M. A. Beer and G. W. Hammett

APS DPP meeting, November 1997

The dynamics of small-scale fluctuation driven flows are of great interest for micro-instability driven turbulence, since nonlinear toroidal simulations have shown that these flows play an important role in the regulation of the turbulence and transport levels. The gyrofluid treatment of these flows was shown to be accurate for times shorter than a bounce time[1].Since the decorrelation times of the turbulence are generally shorter than a bounce time, our original hypothesis was that this description was adequate. Recent work[2] pointed out possible problems with this hypothesis, emphasizing the existence of a linearly undamped component of the flow which could build up in time and lower the final turbulence level. While our original gyrofluid model reproduces some aspects of the linear flow, there are differences between the long time gyrofluid and kinetic linear results in some cases.
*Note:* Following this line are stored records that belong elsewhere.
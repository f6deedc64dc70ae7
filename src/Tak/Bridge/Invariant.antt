-- ===== src/Tak/Bridge/Invariant.antt =====
-- What holds of the bridge whatever it does.
use meshcore_rpc_services.Prelude.{
  ◌≡◌, ◌≤◌, ◌&&◌, Bool, true, false, Option, none, some, List, [], ◌∷◌, String, arith, length, ◌==◌,
  eq_refl, if◌then◌else◌, Bool-cases, inl, inr, or_else, eq_iff, ◌∙◌,
}
use meshcore_rpc_services.Prelude.Int.{Fixed}
use meshcore_rpc_services.Prelude.Dict.{Dict, lookup, contains, insert, erase}
use meshcore_rpc_services.Prelude.Split.{ends_with}
use meshcore_rpc_services.Prelude.Keys.{
  IsDistinct, insert-IsDistinct, erase-IsDistinct, contains-insert, contains-erase,
}
use meshcore_rpc_services.Runtime.{Result, ok, err}
use meshcore_rpc_services.Topics
use meshcore_rpc_services.Value.{Json, null, bool, int, float, str, arr, obj}
use meshcore_rpc_services.Tak.NodeTopic.{base_key, node_prefix_slash, extract_node_id}
use meshcore_rpc_services.Tak.Sink.{queue_cap, send, send_all}
use meshcore_rpc_services.Tak.Sink.Recent.{send_all-keep_last}
use meshcore_rpc_services.Tak.Bridge.{
  Bridge, track, emit, enqueue, merge_state, update_offline_tracking,
}
use meshcore_rpc_services.Tak.Bridge.Messages.{ingest, located, stated}
use meshcore_rpc_services.Tak.Bridge.Heartbeat.{forget}
use text.Mathlib.Text.{starts_with}

-- Every key of the one dict is a key of the other.
abbrev pub Known : Dict Fixed → Dict (Dict Json) → Type 0
Known since state = (id : String) → contains id since ≡ true → contains id state ≡ true

-- Each node has one record and at most one offline time, only a node with a record has an offline
-- time, and the queue is within its bound.
pub record IsValid (b : Bridge) : Type 0 where
  pub state_distinct : IsDistinct b.state
  pub offline_distinct : IsDistinct b.offline_since
  pub offline_known : Known b.offline_since b.state
  pub queue_bound : length b.queue ≤ queue_cap

pub send-bound :
    (x : String) (q : List String) → length q ≤ queue_cap → length (send queue_cap x q) ≤ queue_cap
unfolding send_all
send-bound x q h = (send_all-keep_last queue_cap (omega arith) (x ∷ []) q h).1

enqueue-IsValid : (xml : String) (b : Bridge) → IsValid b → IsValid (enqueue xml b)
enqueue-IsValid xml b v = record {
  state_distinct = v.state_distinct;
  offline_distinct = v.offline_distinct;
  offline_known = v.offline_known;
  queue_bound = send-bound xml b.queue v.queue_bound;
}

pub emit-IsValid : (r : Result (Option String)) (b : Bridge) → IsValid b → IsValid (emit r b).1
emit-IsValid (ok none) b v = v
emit-IsValid (ok (some xml)) b v = enqueue-IsValid xml b v
emit-IsValid (err e) b v = v

insert-Known :
    (key : String) (r : Dict Json) (since : Dict Fixed) (state : Dict (Dict Json))
    → Known since state
    → Known since (insert key r state)
insert-Known key r since state known id h =
    ground (arith, contains-insert key id r state, known id h)

erase-Known :
    (id : String) (since : Dict Fixed) (state : Dict (Dict Json))
    → Known since state
    → Known (erase id since) (erase id state)
erase-Known id since state known j h =
    ground (arith, contains-erase id j since, contains-erase id j state, h, known j)

merge-IsValid :
    (key : String) (d : Dict Json) (kind : String) (now : Fixed) (b : Bridge)
    → IsValid b
    → IsValid (merge_state key d kind now b)
unfolding merge_state
merge-IsValid key d kind now b v = record {
  state_distinct = insert-IsDistinct key _ b.state v.state_distinct;
  offline_distinct = v.offline_distinct;
  offline_known = insert-Known key _ b.offline_since b.state v.offline_known;
  queue_bound = v.queue_bound;
}

-- What tracking does to the offline times of nodes with a record.
abbrev IsTracked : Dict Fixed → Dict (Dict Json) → Type 0
IsTracked since state = IsDistinct since × Known since state

erased-IsTracked :
    (id : String) (since : Dict Fixed) (state : Dict (Dict Json))
    → IsTracked since state
    → IsTracked (erase id since) state
erased-IsTracked id since state (distinct, known) = (
  erase-IsDistinct id since distinct,
  λ j h. known j (ground (arith, contains-erase id j since, h)),
)

noted-IsTracked :
    (id : String) (now : Fixed) (since : Dict Fixed) (state : Dict (Dict Json))
    → contains id state ≡ true
    → IsTracked since state
    → IsTracked (if contains id since then since else insert id now since) state
noted-IsTracked id now since state has (distinct, known) = elim (Bool-cases (contains id since)) [
  | inl there ↦ rw there (distinct, known)
  | inr new ↦ rw new (
    insert-IsDistinct id now since distinct,
    λ j h. ground (arith, contains-insert id j now since, h, known j, eq_iff id j, has),
  )
]

track-IsTracked :
    (o : Option Json) (id : String) (now : Fixed) (since : Dict Fixed) (state : Dict (Dict Json))
    → contains id state ≡ true
    → IsTracked since state
    → IsTracked (track o id now since) state
track-IsTracked none id now since state has t = t
track-IsTracked (some null) id now since state has t = t
track-IsTracked (some (bool true)) id now since state has t = erased-IsTracked id since state t
track-IsTracked (some (bool false)) id now since state has t =
    noted-IsTracked id now since state has t
track-IsTracked (some (int z)) id now since state has t = t
track-IsTracked (some (float x)) id now since state has t = t
track-IsTracked (some (str s)) id now since state has t = t
track-IsTracked (some (arr xs)) id now since state has t = t
track-IsTracked (some (obj fs)) id now since state has t = t

pub update_offline-IsValid :
    (id : String) (d : Dict Json) (now : Fixed) (b : Bridge)
    → contains id b.state ≡ true
    → IsValid b
    → IsValid (update_offline_tracking id d now b)
unfolding update_offline_tracking
update_offline-IsValid id d now b has v =
    let (distinct, known) =
      track-IsTracked (lookup "online" d) id now b.offline_since b.state has
        (v.offline_distinct, v.offline_known) in
    record {
      state_distinct = v.state_distinct;
      offline_distinct = distinct;
      offline_known = known;
      queue_bound = v.queue_bound;
    }

located-IsValid :
    (o : Option String) (d : Dict Json) (now : Fixed) (b : Bridge)
    → IsValid b
    → IsValid (located o d now b)
located-IsValid none d now b v = v
located-IsValid (some id) d now b v = merge-IsValid id d "node" now b v

stated-IsValid :
    (o : Option String) (d : Dict Json) (now : Fixed) (b : Bridge)
    → IsValid b
    → IsValid (stated o d now b)
unfolding merge_state
stated-IsValid none d now b v = v
stated-IsValid (some id) d now b v =
    update_offline-IsValid id d now _ (contains-insert id id _ b.state ∙ rw (eq_refl id))
      (merge-IsValid id d "node" now b v)

pub forget-IsValid : (id : String) (b : Bridge) → IsValid b → IsValid (forget id b)
unfolding forget
forget-IsValid id b v = record {
  state_distinct = erase-IsDistinct id b.state v.state_distinct;
  offline_distinct = erase-IsDistinct id b.offline_since v.offline_distinct;
  offline_known = erase-Known id b.offline_since b.state v.offline_known;
  queue_bound = v.queue_bound;
}

either-IsValid :
    (t : Bool) (o o' : Option Bridge) (b : Bridge)
    → IsValid (or_else o b)
    → IsValid (or_else o' b)
    → IsValid (or_else (if t then o else o') b)
either-IsValid true o o' b v v' = v
either-IsValid false o o' b v v' = v'

-- Every branch of the handler, by its topic.
pub ingest-IsValid :
    (topic : String) (d : Dict Json) (now : Fixed) (b : Bridge)
    → IsValid b
    → IsValid (or_else (ingest topic d now b) b)
unfolding ingest
ingest-IsValid topic d now b v =
    either-IsValid (topic == Topics.base_location) _ _ b (merge-IsValid base_key d "base" now b v) (
      either-IsValid (starts_with topic node_prefix_slash && ends_with topic "/location") _ _ b
        (located-IsValid (extract_node_id topic "/location") d now b v)
        (either-IsValid (starts_with topic node_prefix_slash && ends_with topic "/state") _ _ b
          (stated-IsValid (extract_node_id topic "/state") d now b v) v))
On the other hand, if the long time behavior of these flows is dominated by nonlinear damping (which seems reasonable), then the existing nonlinear gyrofluid simulations may be sufficiently accurate. We test these possibilities by modifying the gyrofluid description of these flows and diagnosing the flow evolution in nonlinear simulations.

1. Beer, M. A., Ph. D. thesis, Princeton University (1995).

2. Hinton, F. L., Rosenbluth, M. N., and Waltz, R. E., Sherwood (1997).